By considering the directions in which the particles could be moving before and after the impact, find the possible values for the speed of the first particle after the impact.

A particle of mass $0.3 \mathrm{kg}$ Is travelling at speed $2 \mathrm{m}{ \mathrm{s}}^{-1}$ When it collides with a particle of mass $0.5 \mathrm{kg}$ Travelling at speed $1 \mathrm{m}{ \mathrm{s}}^{-1}$. After the impact the first particle has speed $v \mathrm{m}{ \mathrm{s}}^{-1}$ And the second particle has speed $\left(\mathrm{v}+1\right){\mathrm{ms}}^{-1}$

You are given that $v$ Is the smallest of these possible speeds.

State whether the particles were travelling in the same direction or in opposite directions before the impact.

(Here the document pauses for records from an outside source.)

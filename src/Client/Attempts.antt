-- ===== src/Client/Attempts.antt =====
-- `AttemptTerminal` and `execute_attempts` of fusen/src/client/invocation.rs. What an attempt meets is a
-- `Round`: the client's snapshot, the exchange with the peer, the interceptors, the policy, the clock and
-- what other tasks do to the breakers and to the retry budget before it. Metrics are left out.
use fusen_rs.Client.Select.{framework_error}
use fusen_rs.Client.Response.{Response, mark_wire_origin}
use fusen_rs.Contract.Http.{Version}
use fusen_rs.Errors.{Error, resource_exhausted, deadline_exceeded, cancelled, internal, retry_after}
use fusen_rs.Errors.Classify.{classify_error}
use fusen_rs.Resilience.Failure.{FailureClass}
use fusen_rs.Prelude.{ℕ, Bool, true, false, not, Option, none, some, if◌then◌else◌, Result, ok, err}
use fusen_rs.Prelude.Bytes.{bytes_of}

abbrev pub deadline_error : Error
deadline_error =
    framework_error deadline_exceeded 504 (bytes_of "deadline_exceeded")
      (bytes_of "service invocation deadline elapsed")

abbrev pub cancelled_error : Error
cancelled_error =
    framework_error cancelled 499 (bytes_of "cancelled")
      (bytes_of "service invocation was cancelled")

abbrev pub endpoint_overloaded : Error
endpoint_overloaded =
    framework_error resource_exhausted 429 (bytes_of "endpoint_overloaded")
      (bytes_of "selected endpoint concurrency is exhausted")

abbrev pub retry_policy_panic : Error
retry_policy_panic =
    framework_error internal 500 (bytes_of "retry_policy_panic") (bytes_of "retry policy failed")

pub record AttemptObservation : Type 0 where
  pub failure : Option FailureClass
  pub retry_after : Option ℕ
  pub transport_succeeded : Bool
  pub http_version : Option Version

-- `AttemptObservation::default`.
abbrev pub nothing_observed : AttemptObservation
nothing_observed = record {
  failure = none;
  retry_after = none;
  transport_succeeded = false;
  http_version = none;
}

-- What comes of sending a request; an interceptor may drop the attempt while it waits.
pub data Sent : Type 0 where
  force_cancelled timed_out dropped : Sent
  unconnected broken : Error → Sent
  answered : Version → Sent

-- What comes of decoding a response.
pub data Decoded (R : Type 0) : Type 0 where
  timed_out dropped : Decoded R
  undecodable : Error → Decoded R
  decoded : R → Decoded R

-- The answers that the terminal of an attempt gets from the code that it calls.
pub record Exchange (R : Type 0) : Type 0 where
  pub bulkhead_free : Bool
  pub template_error : Option Error
  pub request_error : Option Error
  pub sent : Sent
  pub answer : Decoded R

-- What the terminal leaves behind; a dropped one has no result.
pub record Terminated (R : Type 0) : Type 0 where
  pub attempts_started : ℕ
  pub observation : AttemptObservation
  pub result : Option (Result R Error)

module _ {B : Type 0} where
  unfoldable pub decoding : ℕ → Version → Decoded (Response B) → Terminated (Response B)
  unfolding classify_error retry_after mark_wire_origin
  decoding started version timed_out = record {
    attempts_started = started;
    observation = record nothing_observed {
      http_version = some version;
      failure = some FailureClass.timeout;
    };
    result = some (err deadline_error);
  }
  decoding started version dropped = record {
    attempts_started = started;
    observation = record nothing_observed { http_version = some version };
    result = none;
  }
  decoding started version (undecodable e) = record {
    attempts_started = started;
    observation = record nothing_observed {
      http_version = some version;
      failure = some (classify_error e);
      retry_after = retry_after e.retry_hint;
    };
    result = some (err e);
  }
  decoding started version (decoded response) = record {
    attempts_started = started;
    observation = record nothing_observed {
      http_version = some version;
      transport_succeeded = true;
    };
    result = some (ok (mark_wire_origin response));
  }

  abbrev pub failing : ℕ → Option FailureClass → Error → Terminated (Response B)
  failing started class e = record {
    attempts_started = started;
    observation = record nothing_observed { failure = class };
    result = some (err e);
  }

  unfoldable pub sending : ℕ → Sent → Decoded (Response B) → Terminated (Response B)
  unfolding decoding
  sending attempt force_cancelled answer = failing attempt none cancelled_error
  sending attempt timed_out answer = failing attempt (some FailureClass.timeout) deadline_error
  sending attempt dropped answer = record {
    attempts_started = attempt;
    observation = nothing_observed;
    result = none;
  }
  sending attempt (unconnected e) answer = failing attempt (some FailureClass.connect) e
  sending attempt (broken e) answer = failing attempt (some FailureClass.transport) e
  sending attempt (answered version) answer = decoding attempt version answer

  -- `AttemptTerminal::call`, with the attempts that were started before it.
  unfoldable pub terminal_call : ℕ → ℕ → Exchange (Response B) → Terminated (Response B)
  unfolding sending
  terminal_call attempt started x =
      if not x.bulkhead_free
      then failing started none endpoint_overloaded
      else elim x.template_error [
        | some e ↦ failing started none e
        | none ↦ elim x.request_error [
          | some e ↦ failing started none e
          | none ↦ sending attempt x.sent x.answer
        ]
      ]

-- What interceptors do: they answer themselves, or enter the rest of the chain once. They are given nothing
-- where they drop it at an await.
pub data Interception (R : Type 0) : Type 0 where
  short_circuit : Result R Error → Interception R
  around : (Option (Result R Error) → Result R Error) → Interception R

-- The attempt with its interceptors, `Next::run`.
pub record Intercepted (R : Type 0) : Type 0 where
  pub attempts_started : ℕ
  pub observation : AttemptObservation
  pub result : Result R Error

unfoldable pub intercepted :
    {B : Type 0}
    → Interception (Response B)
    → ℕ
    → ℕ
    → Exchange (Response B)
    → Intercepted (Response B)
unfolding terminal_call
intercepted (short_circuit result) attempt started x = record {
  attempts_started = started;
  observation = nothing_observed;
  result = result;
}
intercepted (around f) attempt started x =
    let t = terminal_call attempt started x in
    record {
      attempts_started = t.attempts_started;
      observation = t.observation;
      result = f t.result;
    }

Particle $A$ moves across a smooth horizontal surface in a straight line. Particle $A$ has mass $4 \mathrm{kg}$ and speed $3 \mathrm{m}{ \mathrm{s}}^{-1}$. Particle $B$, which has mass $6 \mathrm{kg}$, is at rest on the surface. Particle $A$ collides with particle $B$. After the collision $A$ is at rest and $B$ moves away from $A$ with speed $u \mathrm{m}{ \mathrm{s}}^{-1}$. Find the value of $u$.

Two particles, $A$ and $B$, have masses of $3 \mathrm{kg}$ and $2 \mathrm{kg}$, respectively. They are moving along a straight horizontal line towards each other. Each particle is moving with a speed of $4 \mathrm{m}{ \mathrm{s}}^{-1}$ when they collide. The particles coalesce to form a single particle. Find the speed of the combined particle.